Fortunately, this school has an "extra assignment system." For each extra assignment submitted, Takahashi can choose any one subject and increase that subject's score by 1 point. The same subject may be chosen multiple times. There is no upper limit on the score for each subject. However, the total number of extra assignments that can be submitted is at most \(M\). It is also allowed to submit no extra assignments at all.
幸运的是，这所学校有一个"额外作业系统"。每提交一次额外作业，高桥可以选择任意一门科目，并将该科目的分数提高 1 分。同一门科目可以被多次选择。每门科目的分数没有上限。但是，可以提交的额外作业总数最多为 \(M\)。也允许完全不提交额外作业。

Takahashi wants to avoid supplementary lessons by strategically submitting extra assignments so that all subjects' scores become at least \(T\) points.
高桥希望通过策略性地提交额外作业，使所有科目的分数都至少达到 \(T\) 分，从而避免参加补习课。

Determine whether it is possible to achieve a score of at least \(T\) in all subjects by submitting a total of at most \(M\) extra assignments.
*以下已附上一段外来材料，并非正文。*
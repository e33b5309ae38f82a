-- ===== src/Board/Valid.antt =====
-- What holds of the board and its database while one process serves it, and the lemmas on numbered rows.
use otvoren_vot.Prelude.{
  ℕ, zero, suc, ◌+◌, ◌<◌, ◌≡◌, refl, sym, ap, ◌∙◌, true, false, some, List, [], ◌∷◌, ◌++◌, map,
  Bytes, bytes_eq, bytes_eq_sound, leb, ascii, arith, length, get_elem?, Bool-cases, inl, inr,
  le→leb,
}
use otvoren_vot.Merkle.Hash.{Hash, leaf_hash}
use otvoren_vot.Merkle.Levels.{Holds}
use otvoren_vot.Board.Store.{
  BallotRecord, get_max_position, get_record, position_taken, put_in_order, in_order, leaf_data,
  get_board_state,
}
use otvoren_vot.Board.Service.{World}

-- The positions are those after n, in the order of the rows.
abbrev pub Numbered : ℕ → List BallotRecord → Type 0
Numbered n [] = Unit {0}
Numbered n (row ∷ rows) = (row.position ≡ suc n) × Numbered (suc n) rows

abbrev pub leaf_of : (Bytes → Bytes) → BallotRecord → Hash
leaf_of sha256 row = leaf_hash sha256 (leaf_data row)

-- The rows are numbered from 1, the tree holds their leaf hashes, and the seal is the one recorded.
abbrev pub IsValid : (Bytes → Bytes) → World → Type 0
IsValid sha256 w =
    Numbered 0 w.database_rows.ballots
    × Holds sha256 w.board.tree (map (leaf_of sha256) w.database_rows.ballots)
    × (w.board.is_sealed
        ≡ bytes_eq (get_board_state w.database_rows (ascii "sealed")) (ascii "true"))

pub Numbered-append :
    (n : ℕ) (rows : List BallotRecord) (row : BallotRecord)
    → Numbered n rows
    → row.position ≡ n + length rows + 1
    → Numbered n (rows ++ row ∷ [])
Numbered-append n [] row v p = (omega arith, tt)
Numbered-append n (first ∷ rows) row (p, v) q =
    (p, Numbered-append (suc n) rows row v (omega arith))

get_max_position-Numbered :
    (n : ℕ) (row : BallotRecord) (rows : List BallotRecord)
    → Numbered n (row ∷ rows)
    → get_max_position (row ∷ rows) ≡ n + length (row ∷ rows)
unfolding get_max_position
get_max_position-Numbered n row [] (p, v) = ground arith
get_max_position-Numbered n row (next ∷ rows) (p, v) =
    ground (arith, get_max_position-Numbered (suc n) next rows v)

pub get_max_position_lem :
    (rows : List BallotRecord) → Numbered 0 rows → get_max_position rows ≡ length rows
get_max_position_lem [] v = unfold get_max_position in refl
get_max_position_lem (row ∷ rows) v = omega (arith, get_max_position-Numbered 0 row rows v)

-- A position beyond the rows is free.
pub position_taken_free :
    (n m : ℕ) (rows : List BallotRecord)
    → Numbered n rows
    → n + length rows < m
    → position_taken m rows ≡ false
unfolding position_taken
position_taken_free n m [] v h = refl
position_taken_free n m (row ∷ rows) (p, v) h =
    ground (arith, position_taken_free (suc n) m rows v (omega arith))

-- Numbered rows are in order.
pub in_order_lem : (n : ℕ) (rows : List BallotRecord) → Numbered n rows → in_order rows ≡ rows
unfolding in_order put_in_order
in_order_lem n [] v = refl
in_order_lem n (row ∷ []) v = refl
in_order_lem n (row ∷ next ∷ rows) (p, (q, v)) =
    let rest = in_order_lem (suc n) (next ∷ rows) (q, v) in
    let before : leb row.position next.position ≡ true = le→leb _ _ (omega arith) in
    rw (rest, before)

-- A record that is found has the identifier, and stands at the index that its position says.
pub get_record_at :
    (n : ℕ) (id : Bytes) (rows : List BallotRecord) (rec : BallotRecord)
    → Numbered n rows
    → get_record id rows ≡ some rec
    → (i : ℕ) × (get_elem? rows i ≡ some rec) × (rec.position ≡ n + suc i) × (rec.ballot_id ≡ id)
unfolding get_record
get_record_at n id [] rec v h = cc
get_record_at n id (row ∷ rows) rec (p, v) h = elim (Bool-cases (bytes_eq row.ballot_id id)) [
  | inl same ↦
      let e : row ≡ rec = cc in
      (
        0,
        ap some e,
        ap (λ x. x.position) (sym e) ∙ omega (arith, p),
        ap (λ x. x.ballot_id) (sym e) ∙ bytes_eq_sound row.ballot_id id same,
      )
  | inr other ↦
      let found : get_record id rows ≡ some rec = cc in
      let (i, at, number, name) = get_record_at (suc n) id rows rec v found in
      (suc i, at, omega arith, name)
]

pub get_elem?-lt {ℓ} :
    {A : Type ℓ} (xs : List A) (i : ℕ) (x : A) → get_elem? xs i ≡ some x → i < length xs
get_elem?-lt [] i x h = cc
get_elem?-lt (y ∷ xs) zero x h = omega arith
get_elem?-lt (y ∷ xs) (suc i) x h = omega (arith, get_elem?-lt xs i x h)

pub map-append {ℓ κ} :
    {A : Type ℓ} {B : Type κ} (f : A → B) (xs ys : List A) → map f (xs ++ ys) ≡ map f xs ++ map f ys
map-append f [] ys = refl
map-append f (x ∷ xs) ys = ap (◌∷◌ (f x)) (map-append f xs ys)
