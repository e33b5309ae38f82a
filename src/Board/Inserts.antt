-- ===== src/Board/Inserts.antt =====
-- bulletin-board/store/postgres.go, `InsertBallot`, and the loop of attempts of `AppendBallot`: what they do
-- to a table whose rows are numbered from 1.
use otvoren_vot.Prelude.{
  ℕ, zero, suc, ◌+◌, ◌≡◌, refl, ap, none, some, [], ◌∷◌, ◌++◌, Bytes, arith, length, append-nil,
  Bool-cases, ◌&&◌, not, Option-cases, ◌⊎◌, inl, inr, ◌==◌,
}
use otvoren_vot.Board.Store.{
  BallotRecord, Database, Postgres, Failure, Write, not_run, answered, unanswered, database,
  position_conflict, Outcome, returned, failed, get_record, insert_row, insert_stored,
  insert_ballot, violation,
}
use otvoren_vot.Board.Service.{Attempt, insert_attempts, retries, placed, attempt_insert}
use otvoren_vot.Board.Valid.{Numbered, get_max_position_lem, position_taken_free}

-- A text that the database gives back as it was, where it takes it at all.
abbrev pub Canonical : Postgres → Bytes → Type 0
Canonical pg text = (stored : Bytes) → pg.jsonb text ≡ some stored → stored ≡ text

-- No other process writes to the table.
abbrev pub Alone : (ℕ → Attempt) → Type 0
Alone attempts = (n : ℕ) → (attempts n).others ≡ []

abbrev pub next_record : Database → Bytes → Bytes → Bytes → BallotRecord
next_record db ballot_id encrypted_ballot zk_proofs = record {
  ballot_id = ballot_id;
  encrypted_ballot = encrypted_ballot;
  zk_proofs = zk_proofs;
  position = length db.ballots + 1;
  merkle_root_sha = [];
}

abbrev pub with_row : Database → BallotRecord → Database
with_row db rec = record db { ballots = db.ballots ++ rec ∷ [] }

-- No row has the identifier.
abbrev pub Fresh : Database → Bytes → Type 0
Fresh db id = get_record id db.ballots ≡ none

module _ (pg : Postgres) where
  insert_row-cases :
      (db : Database) (rec : BallotRecord)
      → Numbered 0 db.ballots
      → rec.position ≡ length db.ballots + 1
      → ((insert_row pg db rec ≡ (with_row db rec, returned tt)) × Fresh db rec.ballot_id)
        ⊎ ((f : Failure) × (insert_row pg db rec ≡ (db, failed f)))
  unfolding insert_row
  insert_row-cases db rec v p = elim (Option-cases (get_record rec.ballot_id db.ballots)) [
    | inr (old, e) ↦ inr (violation pg.primary_key_name, rw (insert_row, e))
    | inl e ↦
        inl (rw (insert_row, e, position_taken_free 0 rec.position db.ballots v (omega arith)), e)
  ]

  -- The row is new and in the table, or nothing changes, or the INSERT's answer is lost, and the new row
  -- is in the table though an error is returned.
  abbrev pub Ends :
      {A : Type 0} → Database → BallotRecord → A → Type 0 → Database × Outcome A → Type 0
  Ends db rec value lost x =
      ((x ≡ (with_row db rec, returned value)) × Fresh db rec.ballot_id)
      ⊎ (((f : Failure) × (x ≡ (db, failed f)))
          ⊎ ((x ≡ (with_row db rec, failed database)) × Fresh db rec.ballot_id × lost))

  unanswered-Ends :
      (db : Database) (rec : BallotRecord) (x : Database × Outcome (Unit {0}))
      → ((x ≡ (with_row db rec, returned tt)) × Fresh db rec.ballot_id)
        ⊎ ((f : Failure) × (x ≡ (db, failed f)))
      → Ends db rec tt (unanswered ≡ unanswered) (x.0, failed database)
  unanswered-Ends db rec x (inl (e, fresh)) =
      inr (inr (ap (λ y. (y.0, failed database)) e, fresh, refl))
  unanswered-Ends db rec x (inr (f, e)) = inr (inl (database, ap (λ y. (y.0, failed database)) e))

  insert_stored-cases :
      (db : Database) (rec : BallotRecord)
      → Numbered 0 db.ballots
      → rec.position ≡ length db.ballots + 1
      → Canonical pg rec.encrypted_ballot
      → Canonical pg rec.zk_proofs
      → ((insert_stored pg db rec (pg.jsonb rec.encrypted_ballot) (pg.jsonb rec.zk_proofs)
            ≡ (with_row db rec, returned tt))
          × Fresh db rec.ballot_id)
        ⊎ ((f : Failure) × (insert_stored pg db rec
                (pg.jsonb rec.encrypted_ballot)
                (pg.jsonb rec.zk_proofs)
              ≡ (db, failed f)))
  unfolding insert_stored
  insert_stored-cases db rec v p c d = elim (Option-cases (pg.jsonb rec.encrypted_ballot)) [
    | inl e ↦ inr (database, rw e)
    | inr (ballot, e) ↦ elim (Option-cases (pg.jsonb rec.zk_proofs)) [
      | inl g ↦ inr (database, rw (e, g))
      | inr (proofs, g) ↦ rw (e, g, c ballot e, d proofs g) (insert_row-cases db rec v p)
    ]
  ]

  insert_ballot-cases :
      (db : Database) (rec : BallotRecord) (writes : Write)
      → Numbered 0 db.ballots
      → rec.position ≡ length db.ballots + 1
      → Canonical pg rec.encrypted_ballot
      → Canonical pg rec.zk_proofs
      → Ends db rec tt (writes ≡ unanswered) (insert_ballot pg db rec writes)
  unfolding insert_ballot
  insert_ballot-cases db rec not_run v p c d = inr (inl (database, refl))
  insert_ballot-cases db rec answered v p c d = elim (insert_stored-cases db rec v p c d) [
    | inl done ↦ inl done
    | inr refused ↦ inr (inl refused)
  ]
  insert_ballot-cases db rec unanswered v p c d =
      unanswered-Ends db rec _ (insert_stored-cases db rec v p c d)

  placed-cases :
      (n : ℕ) (db : Database) (rec : BallotRecord) (lost : Type 0)
      (x : Database × Outcome (Unit {0}))
      → Ends db rec tt lost x
      → Ends db rec n lost (placed n x)
  unfolding placed
  placed-cases n db rec lost x (inl (e, fresh)) = inl (ap (placed n) e, fresh)
  placed-cases n db rec lost x (inr (inl (f, e))) = inr (inl (f, ap (placed n) e))
  placed-cases n db rec lost x (inr (inr (e, fresh, l))) = inr (inr (ap (placed n) e, fresh, l))

  attempt_insert-cases :
      (now : Attempt) (db : Database) (id ballot proofs : Bytes)
      → Numbered 0 db.ballots
      → Canonical pg ballot
      → Canonical pg proofs
      → now.others ≡ []
      → Ends db
          (next_record db id ballot proofs)
          (length db.ballots + 1)
          (now.writes ≡ unanswered)
          (attempt_insert pg now db id ballot proofs)
  unfolding attempt_insert
  attempt_insert-cases now db id ballot proofs v c d alone = elim (Bool-cases now.reads) [
    | inr e ↦ inr (inl (database, rw e))
    | inl e ↦
        let most = get_max_position_lem db.ballots v in
        rw (e, alone, append-nil db.ballots, most)
          (placed-cases (length db.ballots + 1) db (next_record db id ballot proofs)
            (now.writes ≡ unanswered) _
            (insert_ballot-cases db (next_record db id ballot proofs) now.writes v refl c d))
  ]

  -- The attempts insert the next record, or leave the table as it was, or insert it and lose the answer.
  pub insert_attempts-cases :
      (left : ℕ) (attempts : ℕ → Attempt) (db : Database) (id ballot proofs : Bytes)
      → Numbered 0 db.ballots
      → Canonical pg ballot
      → Canonical pg proofs
      → Alone attempts
      → Ends db
          (next_record db id ballot proofs)
          (length db.ballots + 1)
          ((n : ℕ) × ((attempts n).writes ≡ unanswered))
          (insert_attempts pg left attempts db id ballot proofs)
  unfolding insert_attempts retries
  insert_attempts-cases zero attempts db id ballot proofs v c d alone =
      inr (inl (position_conflict, refl))
  insert_attempts-cases (suc left) attempts db id ballot proofs v c d alone =
      elim (attempt_insert-cases (attempts (suc left)) db id ballot proofs v c d
        (alone (suc left))) [
          | inl (done, fresh) ↦ inl (rw (insert_attempts, done, done), fresh)
          | inr (inr (lost, fresh, cut)) ↦
              inr (inr (rw (insert_attempts, lost, lost), fresh, (suc left, cut)))
          | inr (inl (f, refused)) ↦ elim (Bool-cases (retries f && not (left == 0))) [
            | inr final ↦ inr (inl (f, rw (insert_attempts, refused, final, refused)))
            | inl again ↦
                rw (insert_attempts, refused, again, refused)
                  (insert_attempts-cases left attempts db id ballot proofs v c d alone)
          ]
        ]
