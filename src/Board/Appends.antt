-- ===== src/Board/Appends.antt =====
-- bulletin-board/board/board.go, `AppendBallot`: what it does to a valid board, on every branch.
use otvoren_vot.Prelude.{
  ℕ, ◌+◌, ◌≡◌, refl, sym, ap, subst, ◌∙◌, true, false, [], ◌∷◌, ◌++◌, map, Bytes, arith, length,
  Bool-cases, ◌⊎◌, inl, inr, hex_encode,
}
use otvoren_vot.Merkle.Tree.{Tree}
use otvoren_vot.Merkle.Spec.{mth}
use otvoren_vot.Merkle.Levels.{Holds, append-Holds}
use otvoren_vot.Merkle.Range.{root_lem}
use otvoren_vot.Board.Store.{
  BallotRecord, Database, Postgres, Failure, unanswered, board_sealed, proof_validation, database,
  Outcome, returned, failed, encode_leaf, leaf_data, get_board_state,
}
use otvoren_vot.Board.Service.{
  World, Attempt, AppendResult, insert_attempts, max_retries, validated, append_ballot, inserted,
  grown, append_result,
}
use otvoren_vot.Board.Valid.{IsValid, leaf_of, Numbered-append, map-append}
use otvoren_vot.Board.Inserts.{
  Canonical, Alone, next_record, with_row, Fresh, insert_attempts-cases,
}

-- The world with the row in the table and the tree t.
abbrev pub with_ballot : World → BallotRecord → Tree → World
with_ballot w rec t = record {
  database_rows = with_row w.database_rows rec;
  board = record w.board { tree = t };
}

module _ (sha256 : Bytes → Bytes) where
  -- The answer: the position, and the root of the RFC's tree over all ballots in hex.
  abbrev pub appended : World → BallotRecord → AppendResult
  appended w rec = record {
    position = length w.database_rows.ballots + 1;
    merkle_root =
        hex_encode (mth sha256 (map (leaf_of sha256) (w.database_rows.ballots ++ rec ∷ [])));
  }

  -- The row is in the table: the tree takes its leaf and the answer is the new root.
  inserted_lem :
      (w : World) (rec : BallotRecord)
      → IsValid sha256 w
      → rec.position ≡ length w.database_rows.ballots + 1
      → (t : Tree) × (inserted sha256 w.board
            (leaf_data rec)
            (with_row w.database_rows rec, returned (length w.database_rows.ballots + 1))
          ≡ (with_ballot w rec t, returned (appended w rec)))
        × IsValid sha256 (with_ballot w rec t)
  unfolding inserted grown append_result get_board_state
  inserted_lem w rec (numbered, holds, agreed) p =
      let rows = w.database_rows.ballots in
      let (t, grows, whole) =
        append-Holds sha256 w.board.tree (map (leaf_of sha256) rows) (leaf_data rec) holds in
      let mapped : map (leaf_of sha256) (rows ++ rec ∷ [])
          ≡ map (leaf_of sha256) rows ++ leaf_of sha256 rec ∷ [] =
        map-append (leaf_of sha256) rows (rec ∷ []) in
      let after : Holds sha256 t (map (leaf_of sha256) (rows ++ rec ∷ [])) =
        subst (Holds sha256 t) (sym mapped) whole in
      (
        t,
        rw (grows, root_lem sha256 t _ after),
        (Numbered-append 0 rows rec numbered (omega arith), after, agreed),
      )

  module _ (pg : Postgres) where
    pub append_ballot-open :
        (w : World) (id ballot proofs : Bytes) (attempts : ℕ → Attempt)
        → w.board.is_sealed ≡ false
        → validated w.board.validate_fn ballot proofs ≡ true
        → append_ballot sha256 pg w id ballot proofs attempts
          ≡ inserted sha256 w.board
              (encode_leaf id ballot proofs)
              (insert_attempts pg max_retries attempts w.database_rows id ballot proofs)
    unfolding append_ballot
    append_ballot-open w id ballot proofs attempts e g = simp (append_ballot, e, g)

    -- The error of an INSERT whose answer was lost: the row is in the table, the tree is as before.
    abbrev pub Lost : World → Bytes → Bytes → Bytes → (ℕ → Attempt) → Type 0
    Lost w id ballot proofs attempts =
        (append_ballot sha256 pg w id ballot proofs attempts ≡ (
          record {
            database_rows = with_row w.database_rows (next_record w.database_rows id ballot proofs);
            board = w.board;
          },
          failed database,
        ))
        × ((n : ℕ) × ((attempts n).writes ≡ unanswered))

    -- The ballot is appended, or the call fails and nothing changes, or the INSERT's answer is lost.
    pub append_ballot-cases :
        (w : World) (id ballot proofs : Bytes) (attempts : ℕ → Attempt)
        → IsValid sha256 w
        → Canonical pg ballot
        → Canonical pg proofs
        → Alone attempts
        → ((t : Tree) × (append_ballot sha256 pg w id ballot proofs attempts ≡ (
          with_ballot w (next_record w.database_rows id ballot proofs) t,
          returned (appended w (next_record w.database_rows id ballot proofs)),
        ))
            × IsValid sha256 (with_ballot w (next_record w.database_rows id ballot proofs) t)
            × Fresh w.database_rows id)
          ⊎ (((f : Failure) × (append_ballot sha256 pg w id ballot proofs attempts ≡ (w, failed f)))
              ⊎ Lost w id ballot proofs attempts)
    unfolding append_ballot leaf_data inserted
    append_ballot-cases w id ballot proofs attempts v c d alone =
        elim (Bool-cases w.board.is_sealed) [
          | inl e ↦ inr (inl (board_sealed, simp (append_ballot, e)))
          | inr e ↦ elim (Bool-cases (validated w.board.validate_fn ballot proofs)) [
            | inr g ↦ inr (inl (proof_validation, simp (append_ballot, e, g)))
            | inl g ↦
                let opens = append_ballot-open w id ballot proofs attempts e g in
                let then : Database × Outcome ℕ → World × Outcome AppendResult =
                  inserted sha256 w.board (encode_leaf id ballot proofs) in
                elim (insert_attempts-cases pg max_retries attempts w.database_rows id ballot proofs
                  v.0 c d alone) [
                    | inr (inl (f, refused)) ↦ inr (inl (f, opens ∙ ap then refused))
                    | inr (inr (lost, fresh, cut)) ↦ inr (inr (opens ∙ ap then lost, cut))
                    | inl (done, fresh) ↦
                        let rec = next_record w.database_rows id ballot proofs in
                        let (t, answer, valid) = inserted_lem w rec v refl in
                        inl (t, opens ∙ ap then done ∙ answer, valid, fresh)
                  ]
          ]
        ]

    -- `AppendBallot` keeps the board valid on every branch but one, where the process is the only one
    -- that writes and the database gives back the two JSON texts as they were: the rows are numbered from
    -- 1 and the tree holds their leaf hashes. The branch left is that of an INSERT that is run and whose
    -- answer is lost: the call then returns the database's error, the table has the new row, and the
    -- board, its tree included, is as before.
    pub append_ballot-IsValid :
        (w : World) (id ballot proofs : Bytes) (attempts : ℕ → Attempt)
        → IsValid sha256 w
        → Canonical pg ballot
        → Canonical pg proofs
        → Alone attempts
        → IsValid sha256 (append_ballot sha256 pg w id ballot proofs attempts).0
          ⊎ Lost w id ballot proofs attempts
    append_ballot-IsValid w id ballot proofs attempts v c d alone =
        elim (append_ballot-cases w id ballot proofs attempts v c d alone) [
          | inl (t, e, valid, fresh) ↦ inl (subst (λ x. IsValid sha256 x.0) (sym e) valid)
          | inr (inl (f, e)) ↦ inl (subst (λ x. IsValid sha256 x.0) (sym e) v)
          | inr (inr lost) ↦ inr lost
        ]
If it is possible, output the minimum number of extra assignments needed. If all subjects already have scores of at least \(T\), output \(0\). If it is impossible, output -1.
判断通过提交总计不超过 \(M\) 份额外作业，是否能使所有科目的分数至少达到 \(T\) 分。如果可能，输出所需的最少额外作业数量。如果所有科目的分数已经至少达到 \(T\) 分，输出 \(0\)。如果不可能，输出 -1。